At a loss for how to talk about President Obama’s re-election? Here are some talking points put together by Message Matters on the statement our country made last night. When our FD writers shared about why they were voting for President Obama, these were many of the same reasons they gave. Share your thoughts in the comments below. What do you think the country was saying with last night’s election results?
Tonight is a victory.
It’s a victory for families living paycheck to paycheck and all Americans working hard to build a better life for themselves.
It’s a victory for voters who faced a clear choice between two very different visions for America.
The American people have chosen.
- An America with an economy getting back on track and leaders committed to putting Americans back to work.
- An America where we turn to each other in tough times instead of turning against each other.
- An America where the middle class is the true engine of economic prosperity for all.
- An America where everyone pays their fair share and gets a fair shot.
- An America that works for everyone, not just the wealthy few.
- An America where we respect all Americans — regardless of where they were born, the color of their skin, or who they love.
- An America where women make their own health care decisions and policy is based on sound medical science, not extreme ideology.
- An America where American ingenuity is the envy of the world, and investments in education, infrastructure, and new industries are the future we build together.
The American people also spoke up and said no.
- To a return to the failed top-down economic policies that wrecked our economy and threw millions of Americans out of work.
- To an America where a person’s wealth matters more than integrity, powerful connections more than family, and size of campaign donations more than love for country.

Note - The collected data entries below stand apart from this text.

-- ===== src/Packet/Numbers/Scope.antt =====
-- Lemmas on the fields that the number commands change (internal/packetissuance/transitions.go).
use chrono_desk.Packet.Numbers.Outcome.{Returned-apply_return_to_reserve}
use chrono_desk.Packet.Fields.Evidence.{Protects, editable_no_evidence}
use chrono_desk.Packet.Fields.Kept.{KeptFields-self}
use chrono_desk.Packet.Validate.{require_editable}
use chrono_desk.Packet.Numbers.{
  apply_assign_number, apply_clear_number, apply_create_registration, apply_unassign_number,
  write_number, apply_return_to_reserve,
}
use chrono_desk.Packet.Fields.{fields_agree}
use chrono_desk.Prelude.{List, arith, true, ◌≡◌, All, String, false}
use chrono_desk.Prelude.Classes.{string_eq, bool_eq, nat_eq}
use chrono_desk.Packet.Model.{
  return_to_reserve, assign_number, create_registration, clear_number, unassign_number, Command,
  Registration, ok, Change,
}
use chrono_desk.Packet.Rows.{change}

module _ (source : Registration) {after : Registration} where
  pub apply_assign_number-fields_agree :
      (records : List Registration) (command : Command)
      → apply_assign_number records source command ≡ ok after
      → fields_agree assign_number false (change source after) ≡ true
  unfolding apply_assign_number write_number fields_agree
  apply_assign_number-fields_agree records command h = ground (arith, KeptFields-self source)

  pub apply_assign_number-protects :
      (records : List Registration) (command : Command)
      → apply_assign_number records source command ≡ ok after
      → source.has_timing_evidence ≡ true
      → after ≡ record source { issued = after.issued }
  unfolding apply_assign_number write_number require_editable
  apply_assign_number-protects records command h e = ground arith

  pub apply_create_registration-fields_agree :
      (records : List Registration) (command : Command)
      → apply_create_registration records source command ≡ ok after
      → fields_agree create_registration false (change source after) ≡ true
  unfolding apply_create_registration write_number fields_agree
  apply_create_registration-fields_agree records command h = ground (arith, KeptFields-self source)

  pub apply_create_registration-protects :
      (records : List Registration) (command : Command)
      → apply_create_registration records source command ≡ ok after
      → source.has_timing_evidence ≡ true
      → after ≡ record source { issued = after.issued }
  unfolding apply_create_registration write_number require_editable
  apply_create_registration-protects records command h e = ground arith

  pub apply_clear_number-fields_agree :
      apply_clear_number source ≡ ok after
      → fields_agree clear_number false (change source after) ≡ true
  unfolding apply_clear_number fields_agree
  apply_clear_number-fields_agree h = ground (arith, KeptFields-self source)

  pub apply_clear_number-protects :
      apply_clear_number source ≡ ok after
      → source.has_timing_evidence ≡ true
      → after ≡ record source { issued = after.issued }
  unfolding apply_clear_number require_editable
  apply_clear_number-protects h e = ground arith

  pub apply_unassign_number-fields_agree :
      apply_unassign_number source ≡ ok after
      → fields_agree unassign_number false (change source after) ≡ true
  unfolding apply_unassign_number fields_agree
  apply_unassign_number-fields_agree h = ground (arith, KeptFields-self source)

  pub apply_unassign_number-protects :
      apply_unassign_number source ≡ ok after
      → source.has_timing_evidence ≡ true
      → after ≡ record source { issued = after.issued }
  unfolding apply_unassign_number require_editable
  apply_unassign_number-protects h e = ground arith

numbered-fields_agree :
    (target : Registration) (bib epc : String)
    → fields_agree return_to_reserve false
        (change target (record target { bib = bib; epc = epc; reserve = true }))
      ≡ true
unfolding fields_agree
numbered-fields_agree target bib epc = ground (arith, KeptFields-self target)

unnumbered-fields_agree :
    (source : Registration)
    → fields_agree return_to_reserve false
        (change source (record source { bib = ""; epc = ""; issued = false }))
      ≡ true
unfolding fields_agree
unnumbered-fields_agree source = ground (arith, KeptFields-self source)

module _ (rows : List Registration) (source : Registration) (command : Command)
    {changes : List Change} (h : apply_return_to_reserve rows source command ≡ ok changes) where
  pub apply_return_to_reserve-fields_agree :
      All (λ c. fields_agree return_to_reserve false c ≡ true) changes
  apply_return_to_reserve-fields_agree =
      let r = Returned-apply_return_to_reserve rows source command h in
      rw (r.result) (
        unnumbered-fields_agree source,
        (numbered-fields_agree r.target command.bib source.epc, tt),
      )

  pub apply_return_to_reserve-Protects : All Protects changes
  apply_return_to_reserve-Protects =
      let r = Returned-apply_return_to_reserve rows source command h in
      rw (r.result)
        (λ e. absurd (editable_no_evidence source r.editable e), (λ e. cc (r.no_evidence), tt))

- To an “I’ve got mine and the rest of you are on your own” agenda to keep the richest few from paying a dollar more in taxes — shifting more of the burden to working families.
- To an agenda that cuts Social Security, turns Medicare into a voucher, and cuts programs that lift struggling families out of poverty.
- To a political party so overrun with extreme ideology towards women that it even downplays rape and makes attacking Americans not like themselves a central part of its platform.
- To divisive, bitter political brinkmanship, where Republicans in Congress recklessly risk the economy just to score cheap political points and make pledges to Washington lobbyists no matter the cost to all.
- To an approach that keeps the game rigged for the privileged few, where the wealthy and Wall Street write their own rules while the rest of us pay the price.
- To a return to endless war in Iraq and Afghanistan and the start of new wars without regard to national security.
It’s time for us to move forward, as one nation, all in this together.
- More than ever, Americans demand a government of, by, and for the people. We know where to begin.
- Our leaders must commit to a sensible approach to the deficit, one that prioritizes creating jobs — the best way to fix the deficit.
- This fiscally responsible approach means starting by asking the wealthiest Americans to pay their fair share in taxes, eliminating tax loopholes that reward corporations for offshoring jobs, and cutting waste like outdated Pentagon pork our military leaders don’t want.
- Our leaders must resist efforts by politicians and powerful special interests to cut Medicare, Medicaid, and Social Security benefits in order to cover for Bush Republicans’ fiscal recklessness, appease extreme ideologues, or pay for more trickle down tax breaks for the wealthy.
- Republicans must wake up to the reality that policies attacking women, as well as those Americans not like themselves, contradict the values and principles that make America great.
- These are serious times, but America has always withstood them and rose above the challenges facing us when we understand that “we’re all in this together.”
- We’ve got much more left to do in the next four years.